We cleaned the 3,796 single-family house data based on two criteria. First, observations containing incomplete feature information were eliminated since XGBoost models require complete data for training. Secondly, to implement 5-fold cross-validation, each target discrete structural feature (the output in Figure 1) must have a minimum of five observations for each class. Therefore, if this requirement is not met, we exclude those observations from the training set. This cleaning process was performed independently for each target variable, resulting in a different number of removed observations for each region and target variable. After the data cleaning process, the number of remaining data was as follows: for Galveston, Texas affected by Hurricane Harvey, 1,286 to 1,294; for Florida Peninsula and Keys affected by Hurricane Irma, 440 to 445; for Florida Panhandle affected by Hurricane Michael, 419 to 425; and for Southwest Louisiana affected by Hurricane Laura, 387 to 391. After cleaning the data, one-hot encoding was applied for the discrete inputs since the XGBoost model does not have a preset encoding mechanism for handling categorical data. This method converts each class of a given discrete variable into a binary variable (Hancock and Khoshgoftaar, 2020). It can preserve the information of discrete variables and generally plays an important role in improving the performance of XGBoost models (Yu et al., 2022). We performed one-hot encoding using a pandas (Python data analysis library) function, get_dummies, when the input dataset contained discrete structural features. For the outputs, ordinal encoding was utilized to convert categorical structural features into integers, as XGBoost models cannot directly handle string variables. Note that scaling and normalization were not applied to the input variables. Unlike machine-learning approaches that utilize proximity-based algorithms like neural networks and support vector machines, the XGBoost model operates independently for each decision tree. As a result, it is less affected by the range of values within individual features. Therefore, excluding scaling and normalization does not detrimentally affect the model’s performance and simplifies preprocessing by eliminating unnecessary steps.

3.3 Model training

In this study, we developed site-specific XGBoost models based on reconnaissance data collected from four regions, each affected by a different hurricane. Note that we chose to develop site-specific models for each region instead of a generalized model because the site-specific models performed better, likely due to distinct structural feature trends in each region that make it difficult to create an accurate generalized model (Supplementary Table S1). A total of 220 XGBoost models were trained, considering 5-fold cross-validation with 11 structural features for four regions. For each XGBoost model, optimal hyperparameters were selected by performing grid searching based on the hyperparameter values listed in Table 4. Note that the range of each hyperparameter was selected based on preliminary tests that demonstrated high performance. The “n_estimators” represents the number of decision trees within XGBoost, and the ‘max_depth’ represents the maximum depth of each decision tree. The “colsample_bytree” and “subsample” determine the ratio of features and training data respectively when training each decision tree. The “reg_lambda” regulates L2 regularization by applying a penalty proportional to the square of the model’s weights, thus controlling the model’s complexity to prevent overfitting. During hyperparameter tuning, we chose not to use the balanced class weight option to assign equal importance to every observation. The optimal hyperparameters were selected based on the F1 score for the discrete variables and the $R^{2}$ value for the continuous variables. The definition of each error statistic can be found in Section 3.4.

Table 4

Table 4. Possible values for each hyperparameter of the XGBoost model.

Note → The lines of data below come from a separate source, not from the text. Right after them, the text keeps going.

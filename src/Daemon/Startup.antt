-- ===== src/Daemon/Startup.antt =====
-- internal/daemon/server.go: how a daemon is made and started, up to the point where it serves. The
-- files, YAML, JSON and the opening of the serial device are parameters; what starts goroutines and
-- logs is left out. `now` is the clock's reading when a device is registered.
pub mod Restored
pub mod Captured
pub mod Advertised
use Prim.Native.String.{◌++◌ as str_append}
use devagent.Base.{
  ℕ, zero, suc, ℤ, pos, negsuc, pos_part, leb_ℤ, ◌==◌, ◌||◌, ◌&&◌, not, String, Bool, true, false,
  Option, none, some, List, [], ◌∷◌, ◌++◌, str_eq, if◌then◌else◌, codes, Result, ok, err,
}
use devagent.Model.Capability.{Capability, Implementation, DeviceConfig}
use devagent.Config.{GlobalConfig, TlsConfig}
use devagent.Mcptool.{compile_tool}
use devagent.Mcptool.Library.{McpLib}
use devagent.Daemon.RateLimiter.{RateLimiter, new_rate_limiter}
use devagent.Daemon.Registry
use devagent.Daemon.Registry.{
  DeviceRegistry, StateCodec, new_device_registry, set_state_path, restore,
}
use devagent.Daemon.Serial.{set_retry}
use devagent.Daemon.SerialPort.{SerialPort, new_serial_port, OpenResult, open_port}

-- `makeInvokeHandler`, with what it has captured.
pub record InvokeHandler : Type 0 where
  pub device_id : String
  pub capability : Capability

-- The two kinds of bridges.
pub data Bridge : Type 0 where
  dcp_bridge : Option (List ℕ) → ℕ → SerialPort → Bridge
  serial_bridge : ℕ → SerialPort → Bridge

abbrev pub max_dcp_retries : ℕ
max_dcp_retries = 3

-- `SetRetry` of a DCP bridge
unfoldable pub set_dcp_retry : ℤ → ℕ
set_dcp_retry n = if leb_ℤ n (pos 0) then max_dcp_retries else pos_part n

unfoldable pub make_bridge : Implementation → Bridge
unfolding set_retry set_dcp_retry
make_bridge impl =
    if str_eq impl.protocol "DCP" || str_eq impl.protocol "dcp"
    then dcp_bridge (if str_eq impl.hmac_secret "" then none else some (codes impl.hmac_secret))
        (set_dcp_retry impl.retry) new_serial_port
    else serial_bridge (set_retry impl.retry) new_serial_port

unfoldable pub effective_baudrate : ℤ → ℤ
effective_baudrate (pos zero) = pos 115200
effective_baudrate (pos (suc n)) = pos (suc n)
effective_baudrate (negsuc n) = negsuc n

-- `ds.hal.Open`, whose error is logged; `answer` is what the operating system says.
unfoldable pub open_bridge : String → ℤ → OpenResult → Bridge → Bridge
open_bridge channel baudrate answer (dcp_bridge secret retry port) =
    dcp_bridge secret retry (open_port channel baudrate answer port).0
open_bridge channel baudrate answer (serial_bridge retry port) =
    serial_bridge retry (open_port channel baudrate answer port).0

-- The part of `loadConfig` on the HAL, for a device of the type `mcu_proxy`.
unfoldable pub init_hal : OpenResult → Option Bridge → List Capability → Option Bridge
unfolding make_bridge effective_baudrate open_bridge
init_hal answer hal [] = hal
init_hal answer hal (first ∷ rest) =
    let impl = first.implementation in
    if str_eq impl.channel ""
    then some (make_bridge impl)
    else some
        (open_bridge impl.channel (effective_baudrate impl.baudrate) answer (make_bridge impl))

pub data StartError : Type 0 where
  read_failed parse_failed : StartError

module _ (lib : McpLib InvokeHandler) where
  pub record Daemon : Type 0 where
    pub registry : DeviceRegistry
    pub rate_limiter : RateLimiter
    pub token_secret : Option (List ℕ)
    pub hal : Option Bridge
    pub mcp_server : lib.Server
    pub cfg : GlobalConfig

  -- A second is 10⁹ nanoseconds.
  unfoldable pub new_daemon_server : GlobalConfig → Daemon
  unfolding new_rate_limiter
  new_daemon_server cfg = record {
    registry = new_device_registry;
    rate_limiter = new_rate_limiter 30 1_000_000_000;
    token_secret = if str_eq cfg.token.secret "" then none else some (codes cfg.token.secret);
    hal = none;
    mcp_server = lib.new_mcp_server;
    cfg = cfg;
  }

  unfoldable pub register_device_tools : String → List Capability → lib.Server → lib.Server
  register_device_tools device_id [] mcp = mcp
  register_device_tools device_id (capability ∷ rest) mcp = register_device_tools device_id rest (
      lib.add_tool (compile_tool device_id capability false)
        (record { device_id = device_id; capability = capability }) mcp)

  -- What `loadConfig` does with a configuration.
  unfoldable pub use_config : DeviceConfig → OpenResult → ℕ → Daemon → Daemon
  unfolding register_device_tools init_hal
  use_config cfg answer now ds = record ds {
    registry = Registry.register cfg now ds.registry;
    mcp_server = register_device_tools cfg.device.id cfg.capabilities ds.mcp_server;
    hal =
        if str_eq cfg.device.type_name "mcu_proxy"
        then init_hal answer ds.hal cfg.capabilities
        else ds.hal;
  }

  -- The registry after the state file has been read; a failure is logged, and it stays as it was.
  unfoldable pub restore_state : (codec : StateCodec) → Option codec.Bytes → ℕ → Daemon → Daemon
  restore_state codec file now ds =
      if str_eq ds.cfg.daemon.state_path ""
      then ds
      else let reg = set_state_path ds.cfg.daemon.state_path ds.registry in
        elim (restore codec file now reg) [
          | none ↦ record ds { registry = reg }
          | some reg' ↦ record ds { registry = reg' }
        ]

  module _ {Bytes : Type 0} (read_file : String → Option Bytes)
      (unmarshal : Bytes → Option DeviceConfig) where
    unfoldable pub load_config : String → OpenResult → ℕ → Daemon → Result StartError Daemon
    unfolding use_config
    load_config path answer now ds = elim (read_file path) [
      | none ↦ err read_failed
      | some bytes ↦ elim (unmarshal bytes) [
        | none ↦ err parse_failed
        | some cfg ↦ ok (use_config cfg answer now ds)
      ]
    ]

    -- `Start`, up to where it serves: `file` is the state file and `later` the clock at its reading.
    unfoldable pub start :
        (codec : StateCodec)
        → Option codec.Bytes
        → String
        → OpenResult
        → ℕ
        → ℕ
        → Daemon
        → Result StartError Daemon
    unfolding load_config restore_state
    start codec file path answer now later ds =
        if str_eq path ""
        then ok (restore_state codec file later ds)
        else elim (load_config path answer now ds) [
          | err e ↦ err e
          | ok loaded ↦ ok (restore_state codec file later loaded)
        ]

-- The records that `startMDNS` sends with the service.
unfoldable pub txt_records : String → String → TlsConfig → List String
txt_records gateway_id version tls =
    let txt =
      str_append "gateway=" gateway_id
      ∷ str_append "version=" version
      ∷ "protocols=urpc,dcp"
      ∷ [] in
    if str_eq tls.cert_path "" then txt else txt ++ "tls=1" ∷ []

-- Which of the two `ListenAndServe` is called.
unfoldable pub serves_tls : TlsConfig → Bool
serves_tls tls = not (str_eq tls.cert_path "") && not (str_eq tls.key_path "")
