-- ===== src/Sidecar/Browse.antt =====
-- internal/sidecar/router.go, `Discover`: what an mDNS entry is taken for. Browsing the network is input;
-- how a port is printed is a parameter, and so is the network, as in `Sidecar.Forward`.
use Prim.Native.Char.{code}
use Prim.Native.String.{◌++◌ as str_append}
use devagent.Base.{
  ℕ, String, Bool, ◌||◌, Option, none, some, List, [], ◌==◌, if◌then◌else◌, contains, contains_text,
  codes, length, drop, text_eq, ◌-◌, ◌&&◌, leb,
}
use devagent.Model.Capability.{DeviceConfig}
use devagent.Model.RouteTable.{RouteTable, register, gateway_online}
use devagent.Sidecar.Forward.{fetch_and_register_devices}

pub record ServiceEntry : Type 0 where
  pub name : String
  pub addr_v4 : Option String
  pub port : ℕ
  pub info_fields : List String

-- `strings.HasSuffix`
unfoldable pub has_suffix : List ℕ → List ℕ → Bool
has_suffix s suffix =
    leb (length suffix) (length s) && text_eq (drop (length s - length suffix) s) suffix

unfoldable pub is_devagent : String → Bool
unfolding has_suffix
is_devagent name =
    has_suffix (codes name) (codes "._devagent._tcp.")
    || contains_text (codes name) (codes "._devagent._tcp.")

-- `strings.SplitN(name, ".", 2)[0]`
unfoldable pub first_label : String → String
first_label String.[] = String.[]
first_label (String.◌∷◌ c s) = if code c == b'.' then String.[] else String.◌∷◌ c (first_label s)

-- The loop over the info fields.
unfoldable pub scheme_of : List String → String
unfolding contains
scheme_of info_fields = if contains info_fields "tls=1" then "https" else "http"

module _ (show_port : ℕ → String) where
  unfoldable pub gateway_url : String → String → ℕ → String
  gateway_url scheme addr port =
      str_append scheme (str_append "://" (str_append addr (str_append ":" (show_port port))))

  -- The gateway's name and URL, if the entry is one.
  unfoldable pub gateway_of : ServiceEntry → Option (String × String)
  unfolding is_devagent first_label scheme_of gateway_url
  gateway_of entry =
      if is_devagent entry.name
      then elim entry.addr_v4 [
        | none ↦ none
        | some addr ↦
            some (first_label entry.name, gateway_url (scheme_of entry.info_fields) addr entry.port)
      ]
      else none

  -- One round of the loop over the entries, at the second `now`.
  unfoldable pub discover_entry :
      (String → Option (List DeviceConfig))
      → (String → ℕ)
      → ℕ
      → ServiceEntry
      → RouteTable
      → RouteTable × List DeviceConfig
  unfolding gateway_of
  discover_entry fetch clock now entry rt = elim (gateway_of entry) [
    | none ↦ (rt, [])
    | some (gw_id, gw_url) ↦ fetch_and_register_devices fetch clock gw_id gw_url (
        register
          (record {
            id = gw_id;
            url = gw_url;
            devices = [];
            last_heartbeat = now;
            status = gateway_online;
          })
          now rt)
  ]
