-- ===== src/Api/Webhooks/Delivery.antt =====
-- Each event key is dispatched once, however often its event is delivered.
use mathlib.Core.Path.{fun_ext}
use whatsapp_bot.Prelude.{
  ℕ, ◌+◌, ◌≡◌, refl, sym, ap, ◌∙◌, String, Bool, true, false, none, List, [], ◌∷◌, ◌++◌, map, any,
  arith, ◌||◌, not, ◌==◌, string_eq, text_eq_refl, length, if◌then◌else◌, Bool-cases, inl, inr,
}
use mathlib.Core.List.{append-nil, append_assoc}
use whatsapp_bot.Store.Session.{
  World, Job, Result, M, ok, pure, ◌>>=◌, ◌>>◌, session_scope, session_scope-ok, bind-ok,
}
use whatsapp_bot.Repositories.Webhooks.{claim}
use whatsapp_bot.Repositories.Webhooks.Ledger.{IsLedger, claimed, claim_lem}
use whatsapp_bot.Api.Webhooks.{Queue, enqueue, claim_and_dispatch}

-- The keys that were not seen before, each at its first place.
abbrev pub first_seen : (String → Bool) → List String → List String
first_seen seen [] = []
first_seen seen (k ∷ ks) =
    let rest = first_seen (λ j. seen j || k == j) ks in if seen k then rest else k ∷ rest

module _ (queue : Queue) (business_id : String) (job : String → Job) (event_type : String) where
  -- What a run over the keys has done, from one world to another.
  pub record Dispatched (keys : List String) (w : World) (r : Result ℕ) (w' : World) : Type 0 where
    pub answer : r ≡ ok (length (first_seen (λ k. claimed business_id k w) keys))
    pub jobs : w'.jobs ≡ w.jobs ++ map job (first_seen (λ k. claimed business_id k w) keys)
    pub ledger : IsLedger w'.db
    pub taken :
        (k : String)
        → claimed business_id k w' ≡ (claimed business_id k w || any (λ j. j == k) keys)

  abbrev pub seen_in : World → String → Bool
  seen_in w k = claimed business_id k w

  -- One claim, and what it leaves to the rest of the run.
  pub record Claimed (key : String) (w w1 : World) : Type 0 where
    pub jobs : w1.jobs ≡ w.jobs
    pub ledger : IsLedger w1.db
    pub marks : (k : String) → seen_in w1 k ≡ (seen_in w k || key == k)

  first_seen_after :
      (key : String) (keys : List String) (w w1 : World)
      → Claimed key w w1
      → first_seen (seen_in w1) keys ≡ first_seen (λ k. seen_in w k || key == k) keys
  first_seen_after key keys w w1 c = ap (λ p. first_seen p keys) (fun_ext c.marks)

  taken_after :
      (key : String) (keys : List String) (w w1 w' : World)
      → Claimed key w w1
      → ((k : String) → seen_in w' k ≡ (seen_in w1 k || any (λ j. j == k) keys))
      → (k : String) → seen_in w' k ≡ (seen_in w k || any (λ j. j == k) (key ∷ keys))
  taken_after key keys w w1 w' c h k = ground (arith, h k, c.marks k)

  after_old :
      (key : String) (keys : List String) (w w1 : World) (r : Result ℕ) (w' : World)
      → Claimed key w w1
      → seen_in w key ≡ true
      → Dispatched keys w1 r w'
      → Dispatched (key ∷ keys) w r w'
  after_old key keys w w1 r w' c old d =
      let same = first_seen_after key keys w w1 c in
      record {
        answer = rw (old, ← same) d.answer;
        jobs = rw (old, ← same, ← c.jobs) d.jobs;
        ledger = d.ledger;
        taken = taken_after key keys w w1 w' c d.taken;
      }

  after_new :
      (key : String) (keys : List String) (w w1 : World) (n : ℕ) (w' : World)
      → Claimed key w w1
      → seen_in w key ≡ false
      → Dispatched keys (record w1 { jobs = w1.jobs ++ job key ∷ [] }) (ok n) w'
      → Dispatched (key ∷ keys) w (ok (n + 1)) w'
  after_new key keys w w1 n w' c new d =
      let same = first_seen_after key keys w w1 c in
      record {
        answer = rw (new, ← same) (ground (arith, d.answer));
        jobs = rw (new, ← same, ← c.jobs) (d.jobs ∙ append_assoc w1.jobs (job key ∷ []) _);
        ledger = d.ledger;
        taken = taken_after key keys w w1 w' c d.taken;
      }

  abbrev pub run : List String → M ℕ
  run keys = claim_and_dispatch queue business_id job event_type keys

  -- The rest of the loop after the claim.
  abbrev pub go_on : String → List String → Bool → M ℕ
  go_on key keys claimed =
      let rest = run keys in
      if claimed then (enqueue queue (job key) >> (rest >>= λ n. pure (n + 1))) else rest

  pub run_step :
      (key : String) (keys : List String) (w : World)
      → IsLedger w.db
      → let w1 = (claim business_id key event_type w).1 in
        (run (key ∷ keys) w ≡ go_on key keys (not (seen_in w key)) w1) × Claimed key w w1
  unfolding claim_and_dispatch
  run_step key keys w l =
      let (done, quiet, ledger, marks) = claim_lem business_id key event_type w l in
      let w1 = (claim business_id key event_type w).1 in
      (
        bind-ok (session_scope (claim business_id key event_type)) (go_on key keys) (
            session_scope-ok (claim business_id key event_type)
              (ap (λ (r : Result Bool). (r, w1)) done)),
        record {
          jobs = quiet;
          ledger = ledger;
          marks = λ k. ground (arith, marks business_id k, text_eq_refl business_id);
        },
      )

  dispatched :
      ((j : Job) → (js : List Job) → queue j js ≡ none)
      → (key : String) → (keys : List String) → (w1 w' : World) → (n : ℕ)
      → run keys (record w1 { jobs = w1.jobs ++ job key ∷ [] }) ≡ (ok n, w')
      → go_on key keys true w1 ≡ (ok (n + 1), w')
  unfolding enqueue
  dispatched accepts key keys w1 w' n rest =
      rw (accepts (job key) w1.jobs) (bind-ok (run keys) (λ m. pure (m + 1)) rest)

  -- Where the queue takes every job and the ledger's constraints hold, every key that was not
  -- claimed before is dispatched, at its first place and in order, and the number returned is
  -- theirs; all keys of the call are claimed then, and no others.
  pub claim_and_dispatch_once :
      ((j : Job) → (js : List Job) → queue j js ≡ none)
      → (keys : List String) → (w : World) → IsLedger w.db
      → Dispatched keys w
          (claim_and_dispatch queue business_id job event_type keys w).0
          (claim_and_dispatch queue business_id job event_type keys w).1
  claim_and_dispatch_once accepts [] w l =
      unfold claim_and_dispatch in
      record {
        answer = refl;
        jobs = sym (append-nil w.jobs);
        ledger = l;
        taken = λ k. ground arith;
      }
  claim_and_dispatch_once accepts (key ∷ keys) w l =
      let w1 = (claim business_id key event_type w).1 in
      let (step, c) = run_step key keys w l in
      elim (Bool-cases (seen_in w key)) [
        | inl old ↦
            rw (step, old)
              (after_old key keys w w1 (run keys w1).0 (run keys w1).1 c old
                (claim_and_dispatch_once accepts keys w1 c.ledger))
        | inr new ↦
            let w2 : World = record w1 { jobs = w1.jobs ++ job key ∷ [] } in
            let d = claim_and_dispatch_once accepts keys w2 c.ledger in
            let n = length (first_seen (seen_in w2) keys) in
            let rest : run keys w2 ≡ (ok n, (run keys w2).1) =
              ap (λ (r : Result ℕ). (r, (run keys w2).1)) d.answer in
            let all : run (key ∷ keys) w ≡ (ok (n + 1), (run keys w2).1) =
              step ∙ rw new (dispatched accepts key keys w1 (run keys w2).1 n rest) in
            rw all (after_new key keys w w1 n (run keys w2).1 c new (rw rest at d))
      ]

  first_seen_none :
      (seen : String → Bool) (keys : List String)
      → ((k : String) → any (λ j. j == k) keys ≡ true → seen k ≡ true)
      → first_seen seen keys ≡ []
  first_seen_none seen [] h = refl
  first_seen_none seen (k ∷ ks) h =
      let old : seen k ≡ true = h k (ground (arith, text_eq_refl k)) in
      rw old (first_seen_none (λ j. seen j || k == j) ks λ j e. ground (arith, h j))

  -- Where the queue takes every job and the ledger's constraints held, delivering the same events
  -- again enqueues nothing and answers that none was claimed.
  pub claim_and_dispatch_again :
      ((j : Job) → (js : List Job) → queue j js ≡ none)
      → (keys : List String) → (w : World) → IsLedger w.db
      → let w' = (claim_and_dispatch queue business_id job event_type keys w).1 in
        ((claim_and_dispatch queue business_id job event_type keys w').0 ≡ ok 0)
        × ((claim_and_dispatch queue business_id job event_type keys w').1.jobs ≡ w'.jobs)
  claim_and_dispatch_again accepts keys w l =
      let first = claim_and_dispatch_once accepts keys w l in
      let w' = (run keys w).1 in
      let second = claim_and_dispatch_once accepts keys w' first.ledger in
      let nothing : first_seen (seen_in w') keys ≡ [] =
        first_seen_none (seen_in w') keys λ k e. ground (arith, first.taken k, e) in
      (rw nothing at second.answer, rw nothing at second.jobs ∙ append-nil w'.jobs)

We employed a 5-fold cross-validation to mitigate potential bias in model evaluation. In other words, we partitioned the training set by randomly choosing 80% of the data, while allocating the remaining 20% of the data as the test set for each fold. Within the training dataset, 80% of the data was used for model training, and 20% of the training set was used as a validation set for hyperparameter tuning. The test dataset was used to evaluate the performance of the trained XGBoost models. Note that while there is no strict rule of thumb for the number of folds, 5-fold cross-validation is widely accepted and commonly used in similar studies due to its ability to provide a reliable estimate of model performance while not being overly computationally intensive. The sensitivity test on the number of folds confirmed that the XGBoost model performance did not vary significantly (Supplementary Tables S2, S3).

3.4 Performance evaluation

Once the XGBoost models were trained, we evaluated the model performance based on the test set, which was never used for training. For discrete structural features, the F1 score was used as a metric, one of the widely used indicators to measure the performance of binary and multiclass classification problems. F1 score represents the harmonic mean of precision and recall and is calculated with the following formula (Equations 1–3):

F 1 score = 2 \times \frac{precision \times recall}{precision + recall} (1)

precision = \frac{T P}{T P + F P} (2)

recall = \frac{T P}{T P + F N} (3)

where TP represents the number of true positives, FP is the number of false positives, and FN is the number of false negatives. F1 score is calculated as a value between 0 and 1, and the model performance increases as it approaches 1. To calculate the F1 score for multiple classes, we aggregated the TP, FP, and FN values for all classes to compute the micro F1 score, which focuses on evaluating the overall model performance rather than the performance of individual classes. For continuous structural features, $R^{2}$ value was used, which ranges between 0 and 1 (Equation 4). As the $R^{2}$ value approaches 1, it indicates better model performance.

R^{2} = 1 - \frac{\sum_{i = 1}^{N} {(y_{i} - \hat{y_{i}})}^{2}}{\sum_{i = 1}^{N} {(y_{i} - \bar{y})}^{2}} (4)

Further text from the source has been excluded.